** Data records follows **
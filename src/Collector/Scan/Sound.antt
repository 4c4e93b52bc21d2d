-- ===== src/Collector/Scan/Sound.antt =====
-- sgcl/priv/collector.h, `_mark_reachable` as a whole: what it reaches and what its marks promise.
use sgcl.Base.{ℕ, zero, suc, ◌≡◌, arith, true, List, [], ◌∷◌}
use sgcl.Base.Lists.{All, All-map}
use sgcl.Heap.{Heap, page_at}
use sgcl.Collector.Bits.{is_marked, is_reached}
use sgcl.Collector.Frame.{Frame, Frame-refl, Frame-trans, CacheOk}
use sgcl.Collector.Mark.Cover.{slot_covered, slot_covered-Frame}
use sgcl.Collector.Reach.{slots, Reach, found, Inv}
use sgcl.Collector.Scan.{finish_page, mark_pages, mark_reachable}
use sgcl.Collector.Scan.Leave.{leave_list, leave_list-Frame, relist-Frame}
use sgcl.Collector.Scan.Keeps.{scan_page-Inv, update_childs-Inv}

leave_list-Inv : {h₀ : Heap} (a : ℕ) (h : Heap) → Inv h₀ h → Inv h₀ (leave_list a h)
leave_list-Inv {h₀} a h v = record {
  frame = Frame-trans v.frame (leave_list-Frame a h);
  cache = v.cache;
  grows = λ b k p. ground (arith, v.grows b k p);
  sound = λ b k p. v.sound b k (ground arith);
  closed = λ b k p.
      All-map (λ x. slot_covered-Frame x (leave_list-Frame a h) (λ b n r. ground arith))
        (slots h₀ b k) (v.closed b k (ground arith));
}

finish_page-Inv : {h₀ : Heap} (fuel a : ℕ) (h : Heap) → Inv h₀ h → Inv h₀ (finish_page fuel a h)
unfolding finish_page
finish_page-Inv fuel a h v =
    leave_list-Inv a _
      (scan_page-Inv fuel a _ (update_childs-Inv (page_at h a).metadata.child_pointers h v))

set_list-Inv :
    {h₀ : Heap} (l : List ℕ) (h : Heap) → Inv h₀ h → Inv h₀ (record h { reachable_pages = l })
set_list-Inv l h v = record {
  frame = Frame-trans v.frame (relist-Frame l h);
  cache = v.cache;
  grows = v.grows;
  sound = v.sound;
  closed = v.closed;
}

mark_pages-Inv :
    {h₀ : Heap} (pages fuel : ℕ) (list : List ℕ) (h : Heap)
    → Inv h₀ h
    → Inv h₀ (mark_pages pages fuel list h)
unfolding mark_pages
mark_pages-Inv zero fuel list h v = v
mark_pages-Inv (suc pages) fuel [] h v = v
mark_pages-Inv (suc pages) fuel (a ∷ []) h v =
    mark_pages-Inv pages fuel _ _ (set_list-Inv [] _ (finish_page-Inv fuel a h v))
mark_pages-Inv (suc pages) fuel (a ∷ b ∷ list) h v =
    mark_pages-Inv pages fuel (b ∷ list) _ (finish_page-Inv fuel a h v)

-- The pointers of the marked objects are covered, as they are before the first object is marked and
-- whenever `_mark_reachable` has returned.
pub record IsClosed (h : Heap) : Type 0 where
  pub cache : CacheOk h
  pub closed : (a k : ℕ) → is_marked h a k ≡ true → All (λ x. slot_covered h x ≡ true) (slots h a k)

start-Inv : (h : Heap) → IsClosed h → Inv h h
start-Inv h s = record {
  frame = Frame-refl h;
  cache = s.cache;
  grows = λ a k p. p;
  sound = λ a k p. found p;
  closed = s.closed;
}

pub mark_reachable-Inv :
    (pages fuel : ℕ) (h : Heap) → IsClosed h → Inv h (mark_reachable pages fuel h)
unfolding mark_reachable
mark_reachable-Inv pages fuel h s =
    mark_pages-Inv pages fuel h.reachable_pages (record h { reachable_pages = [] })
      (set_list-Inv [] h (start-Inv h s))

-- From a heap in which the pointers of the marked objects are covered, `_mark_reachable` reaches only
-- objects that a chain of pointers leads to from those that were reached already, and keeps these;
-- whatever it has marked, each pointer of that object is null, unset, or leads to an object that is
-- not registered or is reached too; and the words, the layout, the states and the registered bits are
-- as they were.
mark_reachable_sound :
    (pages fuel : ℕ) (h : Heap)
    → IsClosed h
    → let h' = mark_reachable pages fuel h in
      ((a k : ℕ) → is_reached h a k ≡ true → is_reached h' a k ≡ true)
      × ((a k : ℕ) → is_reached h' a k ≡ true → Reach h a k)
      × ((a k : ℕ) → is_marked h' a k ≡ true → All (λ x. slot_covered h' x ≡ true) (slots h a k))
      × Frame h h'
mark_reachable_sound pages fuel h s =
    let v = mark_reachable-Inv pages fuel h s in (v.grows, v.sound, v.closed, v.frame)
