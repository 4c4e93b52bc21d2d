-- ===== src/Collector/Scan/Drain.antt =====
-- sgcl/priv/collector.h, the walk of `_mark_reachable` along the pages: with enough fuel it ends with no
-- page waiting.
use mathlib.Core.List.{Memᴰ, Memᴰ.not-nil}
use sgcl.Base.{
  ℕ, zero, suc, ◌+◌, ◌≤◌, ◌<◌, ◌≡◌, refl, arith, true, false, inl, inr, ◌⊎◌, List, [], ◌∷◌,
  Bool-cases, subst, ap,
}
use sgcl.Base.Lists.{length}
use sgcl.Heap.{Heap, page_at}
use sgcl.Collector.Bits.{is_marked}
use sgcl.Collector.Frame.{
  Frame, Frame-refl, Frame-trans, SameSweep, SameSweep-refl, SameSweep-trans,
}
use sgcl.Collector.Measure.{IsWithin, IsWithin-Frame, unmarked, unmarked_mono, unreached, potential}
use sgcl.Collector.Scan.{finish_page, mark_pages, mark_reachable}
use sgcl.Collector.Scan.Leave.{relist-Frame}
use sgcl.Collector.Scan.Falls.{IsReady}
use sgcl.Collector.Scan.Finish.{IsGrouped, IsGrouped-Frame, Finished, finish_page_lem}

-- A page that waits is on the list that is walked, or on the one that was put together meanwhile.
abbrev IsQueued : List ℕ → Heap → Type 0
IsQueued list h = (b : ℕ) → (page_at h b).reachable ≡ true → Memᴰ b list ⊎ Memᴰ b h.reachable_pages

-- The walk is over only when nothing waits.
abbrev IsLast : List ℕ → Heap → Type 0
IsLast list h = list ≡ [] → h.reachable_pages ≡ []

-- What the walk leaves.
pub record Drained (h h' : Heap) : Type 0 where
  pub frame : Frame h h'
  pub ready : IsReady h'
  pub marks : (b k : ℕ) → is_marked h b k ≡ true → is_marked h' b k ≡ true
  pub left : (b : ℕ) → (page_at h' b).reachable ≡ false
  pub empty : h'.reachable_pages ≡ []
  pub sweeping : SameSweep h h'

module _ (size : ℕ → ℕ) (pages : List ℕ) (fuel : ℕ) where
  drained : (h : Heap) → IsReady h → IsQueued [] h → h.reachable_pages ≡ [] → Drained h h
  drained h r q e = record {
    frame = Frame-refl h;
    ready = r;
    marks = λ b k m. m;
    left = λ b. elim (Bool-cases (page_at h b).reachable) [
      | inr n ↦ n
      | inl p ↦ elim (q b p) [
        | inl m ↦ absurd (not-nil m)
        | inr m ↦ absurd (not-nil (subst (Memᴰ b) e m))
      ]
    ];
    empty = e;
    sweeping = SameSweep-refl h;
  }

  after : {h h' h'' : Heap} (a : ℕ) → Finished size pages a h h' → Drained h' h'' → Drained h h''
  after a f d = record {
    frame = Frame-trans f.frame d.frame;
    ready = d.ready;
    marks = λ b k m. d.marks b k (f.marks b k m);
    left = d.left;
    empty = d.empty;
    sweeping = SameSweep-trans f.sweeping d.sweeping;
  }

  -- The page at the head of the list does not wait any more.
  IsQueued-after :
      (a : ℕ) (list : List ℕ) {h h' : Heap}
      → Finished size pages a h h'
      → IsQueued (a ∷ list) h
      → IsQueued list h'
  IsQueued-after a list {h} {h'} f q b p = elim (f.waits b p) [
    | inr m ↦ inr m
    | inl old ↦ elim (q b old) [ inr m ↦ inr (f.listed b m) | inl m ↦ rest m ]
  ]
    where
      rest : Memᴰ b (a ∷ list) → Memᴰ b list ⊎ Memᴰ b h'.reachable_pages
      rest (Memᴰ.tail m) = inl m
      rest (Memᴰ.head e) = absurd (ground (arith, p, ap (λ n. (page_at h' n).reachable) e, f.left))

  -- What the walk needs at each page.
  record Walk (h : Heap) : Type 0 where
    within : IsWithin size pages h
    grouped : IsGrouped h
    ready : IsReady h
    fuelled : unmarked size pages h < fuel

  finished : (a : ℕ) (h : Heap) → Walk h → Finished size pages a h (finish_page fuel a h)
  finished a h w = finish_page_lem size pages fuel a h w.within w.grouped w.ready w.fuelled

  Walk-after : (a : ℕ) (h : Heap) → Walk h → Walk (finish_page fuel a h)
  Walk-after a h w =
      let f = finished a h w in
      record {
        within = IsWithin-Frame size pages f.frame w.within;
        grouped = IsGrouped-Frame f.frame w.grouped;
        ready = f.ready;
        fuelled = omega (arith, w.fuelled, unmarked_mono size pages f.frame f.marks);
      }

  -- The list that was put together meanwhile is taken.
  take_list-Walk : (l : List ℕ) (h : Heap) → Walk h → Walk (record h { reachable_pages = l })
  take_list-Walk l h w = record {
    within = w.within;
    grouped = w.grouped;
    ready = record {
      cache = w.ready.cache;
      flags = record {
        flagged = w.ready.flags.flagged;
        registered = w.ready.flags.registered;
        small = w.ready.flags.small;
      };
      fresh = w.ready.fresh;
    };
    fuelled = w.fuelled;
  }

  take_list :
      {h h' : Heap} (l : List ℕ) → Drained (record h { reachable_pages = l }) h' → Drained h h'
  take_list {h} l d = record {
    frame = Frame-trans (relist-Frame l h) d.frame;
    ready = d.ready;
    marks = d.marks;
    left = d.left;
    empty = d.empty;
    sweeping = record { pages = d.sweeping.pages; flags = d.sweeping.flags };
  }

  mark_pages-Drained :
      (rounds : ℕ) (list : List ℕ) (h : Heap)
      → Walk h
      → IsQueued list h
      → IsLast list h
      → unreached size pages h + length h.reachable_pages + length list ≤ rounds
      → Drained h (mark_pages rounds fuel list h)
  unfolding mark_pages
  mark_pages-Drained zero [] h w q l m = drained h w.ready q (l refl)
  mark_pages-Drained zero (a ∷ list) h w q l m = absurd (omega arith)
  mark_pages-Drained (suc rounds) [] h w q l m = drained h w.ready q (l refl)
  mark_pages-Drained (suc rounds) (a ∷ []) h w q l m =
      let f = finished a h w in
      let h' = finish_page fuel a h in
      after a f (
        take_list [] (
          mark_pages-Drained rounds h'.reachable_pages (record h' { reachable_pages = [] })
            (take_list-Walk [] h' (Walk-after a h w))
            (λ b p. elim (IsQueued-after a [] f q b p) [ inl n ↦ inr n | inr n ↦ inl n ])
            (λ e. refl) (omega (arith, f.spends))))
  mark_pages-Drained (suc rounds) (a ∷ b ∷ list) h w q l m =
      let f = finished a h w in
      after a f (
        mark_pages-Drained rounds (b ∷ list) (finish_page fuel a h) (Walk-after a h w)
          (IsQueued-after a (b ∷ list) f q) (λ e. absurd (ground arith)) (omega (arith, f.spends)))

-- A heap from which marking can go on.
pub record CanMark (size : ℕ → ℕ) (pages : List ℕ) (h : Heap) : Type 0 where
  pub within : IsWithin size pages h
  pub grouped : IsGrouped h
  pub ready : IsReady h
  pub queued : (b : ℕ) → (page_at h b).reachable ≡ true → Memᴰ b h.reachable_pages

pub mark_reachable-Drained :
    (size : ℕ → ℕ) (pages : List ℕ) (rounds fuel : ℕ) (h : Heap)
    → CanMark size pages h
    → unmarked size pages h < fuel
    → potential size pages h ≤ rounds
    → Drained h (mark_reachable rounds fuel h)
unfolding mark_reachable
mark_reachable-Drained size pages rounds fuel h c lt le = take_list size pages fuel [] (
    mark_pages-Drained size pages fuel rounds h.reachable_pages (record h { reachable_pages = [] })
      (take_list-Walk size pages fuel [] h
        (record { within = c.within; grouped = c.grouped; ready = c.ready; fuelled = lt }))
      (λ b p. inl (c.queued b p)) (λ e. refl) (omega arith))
** End of Data records **
[Work to be completed]: Go through the records line by line and count those that contain the string "grows". Answer with the count alone.

[Answer to the exercise]: 4